* [MATERIALS PROVIDED]:

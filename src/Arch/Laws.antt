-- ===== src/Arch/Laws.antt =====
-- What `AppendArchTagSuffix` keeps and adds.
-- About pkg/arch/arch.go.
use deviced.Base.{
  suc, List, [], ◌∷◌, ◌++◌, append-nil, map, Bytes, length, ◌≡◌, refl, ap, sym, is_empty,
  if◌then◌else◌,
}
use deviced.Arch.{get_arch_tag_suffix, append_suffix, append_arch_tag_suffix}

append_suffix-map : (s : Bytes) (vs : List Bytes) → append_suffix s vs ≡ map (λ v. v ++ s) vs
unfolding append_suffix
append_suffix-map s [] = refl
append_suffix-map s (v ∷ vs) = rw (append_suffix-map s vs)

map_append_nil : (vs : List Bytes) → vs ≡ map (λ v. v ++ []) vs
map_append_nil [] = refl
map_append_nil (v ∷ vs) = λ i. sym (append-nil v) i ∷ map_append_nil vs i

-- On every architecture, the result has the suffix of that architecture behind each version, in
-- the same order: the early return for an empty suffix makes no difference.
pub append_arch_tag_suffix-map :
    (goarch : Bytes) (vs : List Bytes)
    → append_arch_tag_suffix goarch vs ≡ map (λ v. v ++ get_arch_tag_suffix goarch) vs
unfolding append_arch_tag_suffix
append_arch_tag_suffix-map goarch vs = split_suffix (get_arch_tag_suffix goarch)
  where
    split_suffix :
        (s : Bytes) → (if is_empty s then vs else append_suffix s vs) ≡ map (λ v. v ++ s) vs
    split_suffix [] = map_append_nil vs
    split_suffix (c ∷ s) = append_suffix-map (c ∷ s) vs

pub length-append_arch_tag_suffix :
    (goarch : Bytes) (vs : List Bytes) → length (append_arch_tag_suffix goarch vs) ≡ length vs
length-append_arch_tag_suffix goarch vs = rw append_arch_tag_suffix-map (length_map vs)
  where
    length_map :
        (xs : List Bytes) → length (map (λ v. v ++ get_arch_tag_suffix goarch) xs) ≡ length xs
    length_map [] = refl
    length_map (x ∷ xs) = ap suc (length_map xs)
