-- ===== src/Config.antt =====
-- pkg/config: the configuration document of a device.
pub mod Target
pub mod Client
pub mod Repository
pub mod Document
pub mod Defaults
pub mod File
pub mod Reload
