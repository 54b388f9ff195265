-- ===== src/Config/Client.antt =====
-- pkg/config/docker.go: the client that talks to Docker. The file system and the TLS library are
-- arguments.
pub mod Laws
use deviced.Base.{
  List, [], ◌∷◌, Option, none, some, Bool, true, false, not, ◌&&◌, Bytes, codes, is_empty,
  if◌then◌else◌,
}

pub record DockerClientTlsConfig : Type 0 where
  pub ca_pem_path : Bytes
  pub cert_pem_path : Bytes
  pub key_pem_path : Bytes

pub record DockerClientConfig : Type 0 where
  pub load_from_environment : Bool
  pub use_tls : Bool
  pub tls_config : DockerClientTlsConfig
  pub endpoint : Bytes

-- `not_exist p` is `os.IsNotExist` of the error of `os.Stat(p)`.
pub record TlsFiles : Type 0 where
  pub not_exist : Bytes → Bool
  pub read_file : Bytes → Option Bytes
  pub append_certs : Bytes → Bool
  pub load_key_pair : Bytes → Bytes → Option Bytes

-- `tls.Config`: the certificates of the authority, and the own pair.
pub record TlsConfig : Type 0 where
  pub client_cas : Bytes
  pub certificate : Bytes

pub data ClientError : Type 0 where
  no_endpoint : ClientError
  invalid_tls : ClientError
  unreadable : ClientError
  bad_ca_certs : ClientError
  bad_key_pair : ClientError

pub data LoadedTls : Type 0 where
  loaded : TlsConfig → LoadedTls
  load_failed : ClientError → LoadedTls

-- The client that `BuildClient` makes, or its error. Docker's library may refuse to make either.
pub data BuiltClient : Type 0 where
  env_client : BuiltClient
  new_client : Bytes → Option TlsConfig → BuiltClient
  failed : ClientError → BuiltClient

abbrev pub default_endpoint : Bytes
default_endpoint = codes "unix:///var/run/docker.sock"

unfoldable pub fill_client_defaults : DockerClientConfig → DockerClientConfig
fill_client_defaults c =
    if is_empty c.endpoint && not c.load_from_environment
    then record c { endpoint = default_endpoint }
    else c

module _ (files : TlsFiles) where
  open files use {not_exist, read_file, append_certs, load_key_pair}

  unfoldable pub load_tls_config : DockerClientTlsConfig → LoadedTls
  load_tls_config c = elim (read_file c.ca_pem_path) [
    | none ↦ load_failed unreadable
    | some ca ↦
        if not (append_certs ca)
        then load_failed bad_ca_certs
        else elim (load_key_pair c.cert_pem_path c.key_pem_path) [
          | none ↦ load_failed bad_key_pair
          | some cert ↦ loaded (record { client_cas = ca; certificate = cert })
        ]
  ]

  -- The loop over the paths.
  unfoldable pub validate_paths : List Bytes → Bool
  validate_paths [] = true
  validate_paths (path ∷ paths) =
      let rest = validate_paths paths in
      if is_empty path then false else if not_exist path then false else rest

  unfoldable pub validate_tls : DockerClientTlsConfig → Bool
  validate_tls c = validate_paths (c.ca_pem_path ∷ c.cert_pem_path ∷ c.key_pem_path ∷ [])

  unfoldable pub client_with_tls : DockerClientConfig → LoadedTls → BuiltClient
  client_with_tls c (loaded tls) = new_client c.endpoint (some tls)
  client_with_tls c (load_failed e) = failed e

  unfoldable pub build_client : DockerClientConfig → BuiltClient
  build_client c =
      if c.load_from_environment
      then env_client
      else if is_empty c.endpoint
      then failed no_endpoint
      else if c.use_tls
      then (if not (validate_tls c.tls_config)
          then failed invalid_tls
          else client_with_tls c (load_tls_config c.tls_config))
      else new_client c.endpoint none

* [EXERCISE]: When the line with "keeps and adds." is reached in the data above, start copying there, and copy each line exactly until the line with "unfolding append_suffix" has been copied; copy nothing else.

* [TASK RESULT]:
-- What `AppendArchTagSuffix` keeps and adds.
-- About pkg/arch/arch.go.
use deviced.Base.{
  suc, List, [], ◌∷◌, ◌++◌, append-nil, map, Bytes, length, ◌≡◌, refl, ap, sym, is_empty,
  if◌then◌else◌,
}
use deviced.Arch.{get_arch_tag_suffix, append_suffix, append_arch_tag_suffix}

append_suffix-map : (s : Bytes) (vs : List Bytes) → append_suffix s vs ≡ map (λ v. v ++ s) vs
unfolding append_suffix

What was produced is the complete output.